Respondents report that 69% of servers purchased in the last 12 months were virtualized.
- Respondents report that they expect 49% of new servers purchased next year will be virtualized.
- The survey points to significant differences in server virtualization adoption:
o By industry - with the services industry showing the highest propensity to rely on the technology.
o By operating system - with Linux representing the most likely target for virtualization, closely followed by Windows.
o By form factor - with rack-optimized servers followed by blades dominating respondents' virtual server environment.

"Virtualization is already impacting European server sales", said Thomas Meyer, VP of IDC's European Systems and Infrastructure Solutions group. "According to data from IDC's European Quarterly Server Tracker, over the last six quarters, there has been a steady decline in the growth rates of worldwide x86 shipments. While typical year-over-year shipment growth rates averaged 20% to 25% in previous years, during 2006 this growth slowed to single digits. In the fourth quarter of 2006, Western European x86 server shipment growth was only 1.8% over the same period a year ago."

Overall, IDC anticipates the number of virtualized servers to grow by a CAGR of 55% to 1.1 million shipments in 2011, representing 52% of the forecast 2, 197, 000 server shipments for that period.

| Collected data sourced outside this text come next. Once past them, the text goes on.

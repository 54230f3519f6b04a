-- ===== src/Sessions/Completion/Due.antt =====
-- Whom the service hands the compensation link, and what is stored by then.
use Prim.Native.Nat.{ℕ}
use mathlib.Core.Path.{subst}
use gdm_platform.Common.{
  Text, Text-eq, none, some, true, false, get, get-put, find, is_some, ==_refl, ◌≡◌, refl, sym, ap,
  ◌∙◌, ◌⊎◌, Bool-cases, Option-cases, inl, inr,
}
use gdm_platform.Shared.Models.{
  Session, Participant, ProlificIdentity, ProlificArrival, ParticipationOutcome,
  ParticipationOutcomeRecord,
}
use gdm_platform.Participation.Rules.{arrival_key}
use gdm_platform.Participation.State.{ParticipationState, new_arrival, record_prolific_arrival}
use gdm_platform.Participation.Store.{
  complete_arrival, complete_prolific_participation, get_participation_outcome, outcome_record,
}
use gdm_platform.Participation.Run.Growth.{record-Grows}
use gdm_platform.Store.Lookup.{get_session}
use gdm_platform.Store.Seats.{has_id}
use gdm_platform.Sessions.State.{ServiceState, ok}
use gdm_platform.Sessions.Completion.{
  CompleteParticipantResponse, has_ended, ended_otherwise, completed_participation, complete_seat,
  complete_participant,
}

-- The submission has an arrival that is completed.
abbrev pub IsCompleted : ParticipationState → ProlificIdentity → Type 0
IsCompleted st identity =
    (a : ProlificArrival) × (get (arrival_key identity) st.prolific_arrivals ≡ some a)
    × (a.outcome ≡ some ParticipationOutcome.completed)

only_completed :
    (row : ParticipationOutcomeRecord)
    → ended_otherwise (some row) ≡ false
    → is_some row.outcome ≡ true
    → row.outcome ≡ some ParticipationOutcome.completed
only_completed row h e = elim (Option-cases row.outcome) [
  | inl open_ ↦ cc
  | inr (o, q) ↦ q ∙ ap some (go o (rw (q, ended_otherwise) at h))
]
  where
    go :
        (o : ParticipationOutcome)
        → (elim o [ ParticipationOutcome.completed ↦ false | _ ↦ true ]) ≡ false
        → o ≡ ParticipationOutcome.completed
    go ParticipationOutcome.completed h = refl
    go ParticipationOutcome.declined_consent h = cc
    go ParticipationOutcome.ineligible h = cc
    go ParticipationOutcome.voluntary_withdrawal h = cc
    go ParticipationOutcome.connection_timeout h = cc
    go ParticipationOutcome.unmatched h = cc
    go ParticipationOutcome.technical_failure h = cc
    go ParticipationOutcome.participant_dropout h = cc
    go ParticipationOutcome.group_aborted h = cc

outcome_record-outcome :
    (st : ParticipationState) (id : Text) (a : ProlificArrival)
    → (outcome_record st id a).outcome ≡ a.outcome
unfolding outcome_record
outcome_record-outcome st id a = elim (Option-cases (get id st.memory_prolific_actions)) [
  | inl without ↦ rw (without, outcome_record) refl
  | inr (action, with_) ↦ rw (with_, outcome_record) refl
]

-- An arrival that `hasEnded` lets pass has no outcome or is completed.
recorded_completed :
    (st : ParticipationState) (identity : ProlificIdentity) (now : ℕ)
    → has_ended st (some identity) ≡ false
    → is_some (record_prolific_arrival st identity now).1.outcome ≡ true
    → (record_prolific_arrival st identity now).1.outcome ≡ some ParticipationOutcome.completed
unfolding record_prolific_arrival get_participation_outcome new_arrival
recorded_completed st identity now h e =
    elim (Option-cases (get (arrival_key identity) st.prolific_arrivals)) [
      | inl unknown ↦ cc (rw (unknown, record_prolific_arrival) at e)
      | inr (a, found) ↦
          let row = outcome_record st (arrival_key identity) a in
          let same = outcome_record-outcome st (arrival_key identity) a in
          let h' : ended_otherwise (some row) ≡ false =
            rw (found, has_ended, get_participation_outcome) at h in
          let e' : is_some a.outcome ≡ true = rw (found, record_prolific_arrival) at e in
          rw (found, record_prolific_arrival)
            (sym same ∙ only_completed row h' (ap is_some same ∙ e'))
    ]

completes-IsCompleted :
    (st : ParticipationState) (identity : ProlificIdentity) (now : ℕ)
    → has_ended st (some identity) ≡ false
    → IsCompleted (complete_prolific_participation st identity now).0 identity
unfolding complete_prolific_participation complete_arrival
completes-IsCompleted st identity now h =
    let r = record_prolific_arrival st identity now in
    let (grown, found) = record-Grows st identity now in
    let key = arrival_key identity in
    elim (Bool-cases (is_some r.1.outcome)) [
      | inl ended ↦
          rw (ended, complete_prolific_participation)
            (r.1, found, recorded_completed st identity now h ended)
      | inr open_ ↦
          rw (open_, complete_prolific_participation)
            (
              complete_arrival r.1 now,
              get-put key key (complete_arrival r.1 now) r.0.prolific_arrivals
                  ∙ rw (==_refl key) refl,
              refl,
            )
    ]

module _ {N : Type 0} (st : ServiceState N) (session_id participant_id : Text) (now : ℕ) where
  -- What must be true for the link, and what the store of participations says afterwards.
  pub record Due : Type 0 where
    pub session : Session N
    pub participant : Participant N
    pub stored : get session_id st.store.sessions ≡ some session
    pub seated : find (has_id participant_id) session.participants ≡ some participant
    pub surveyed : is_some participant.exit_survey ≡ true
    pub settled :
        (participant.prolific ≡ none)
        ⊎ ((identity : ProlificIdentity) × (participant.prolific ≡ some identity)
            × IsCompleted
                (complete_participant st session_id participant_id now).0.participation
                identity)

-- A participant is told that they have completed the study only if they sit in the session, their
-- exit survey is stored and their submission has not ended otherwise; and then the arrival of their
-- submission, if they came from Prolific, is completed.
pub complete_participant-Due :
    {N : Type 0} (st : ServiceState N) (session_id participant_id : Text) (now : ℕ)
    (response : CompleteParticipantResponse)
    → (complete_participant st session_id participant_id now).1 ≡ ok response
    → Due st session_id participant_id now
unfolding complete_participant complete_seat get_session
complete_participant-Due st session_id participant_id now response h =
    elim (Option-cases (get session_id st.store.sessions)) [
      | inl missing ↦ cc (rw (missing, complete_participant) at h)
      | inr (s, found) ↦
          let h1 = rw (found, complete_participant) at h in
          elim (Option-cases (find (has_id participant_id) s.participants)) [
            | inl absent ↦ cc (rw absent at h1)
            | inr (p, there) ↦
                let h2 = rw there at h1 in
                elim (Bool-cases (is_some p.exit_survey)) [
                  | inr unfilled ↦ cc (rw unfilled at h2)
                  | inl filled ↦
                      let h3 = rw filled at h2 in
                      elim (Bool-cases (has_ended st.participation p.prolific)) [
                        | inl ended ↦ cc (rw ended at h3)
                        | inr open_ ↦
                            let kept : (complete_participant st session_id participant_id
                                  now).0.participation
                                ≡ completed_participation p.prolific now st.participation =
                              rw (found, complete_participant)
                                (rw there (rw filled (rw open_ refl))) in
                            record {
                              session = s;
                              participant = p;
                              stored = found;
                              seated = there;
                              surveyed = filled;
                              settled = elim (Option-cases p.prolific) [
                                | inl direct ↦ inl direct
                                | inr (identity, q) ↦ inr (
                                  identity,
                                  q,
                                  subst (λ x. IsCompleted x identity)
                                      (sym (
                                        kept
                                        ∙ ap (λ o. completed_participation o now st.participation)
                                            q))
                                      (completes-IsCompleted st.participation identity now
                                        (ap (has_ended st.participation) (sym q) ∙ open_)),
                                )
                              ];
                            }
                      ]
                ]
          ]
    ]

This will be equivalent to 5.4 million logical servers (i.e., partitions deployed in 2011).

IDC forecasts customer revenue from virtualized server sales in Western Europe will grow from $948 million in 2006 to $5.5 billion in 2011, corresponding to a 41% five year CAGR. Overall, it anticipates the server and software virtualization opportunity in Western Europe to grow at 38% CAGR from a current $1.1 billion combined revenue to $5.9 billion in 2011.

"Virtualization, along with automation and systems management, represents a major cornerstone of current IT investment from large IT organizations", said Meyer. "These technologies represent the three pillars enabling the direct connection of IT operations with what's happening on the business process side."

"European organizations surveyed view the virtualization of system resources as a technology that has the potential to change the dynamics through which organizations consume IT resources", said Martinez. "And, in many ways, it is quickly becoming a de facto component of their IT fabric." However, to fully harness the value this technology can unlock, virtualization alone is not sufficient, and IT organizations need to consider change management and system management tools to optimize their virtual IT environments.

IDC EMEA has launched a team from multiple research areas to look at virtualization themes in 2007. "It is effectively the most important technical theme for datacenter managers in 2007", said Martin Hingley, IDC EMEA's chief research officer. "And it is particularly important for suppliers and users to understand its adoption on x86 servers and to compare our region with the U.S. and other countries."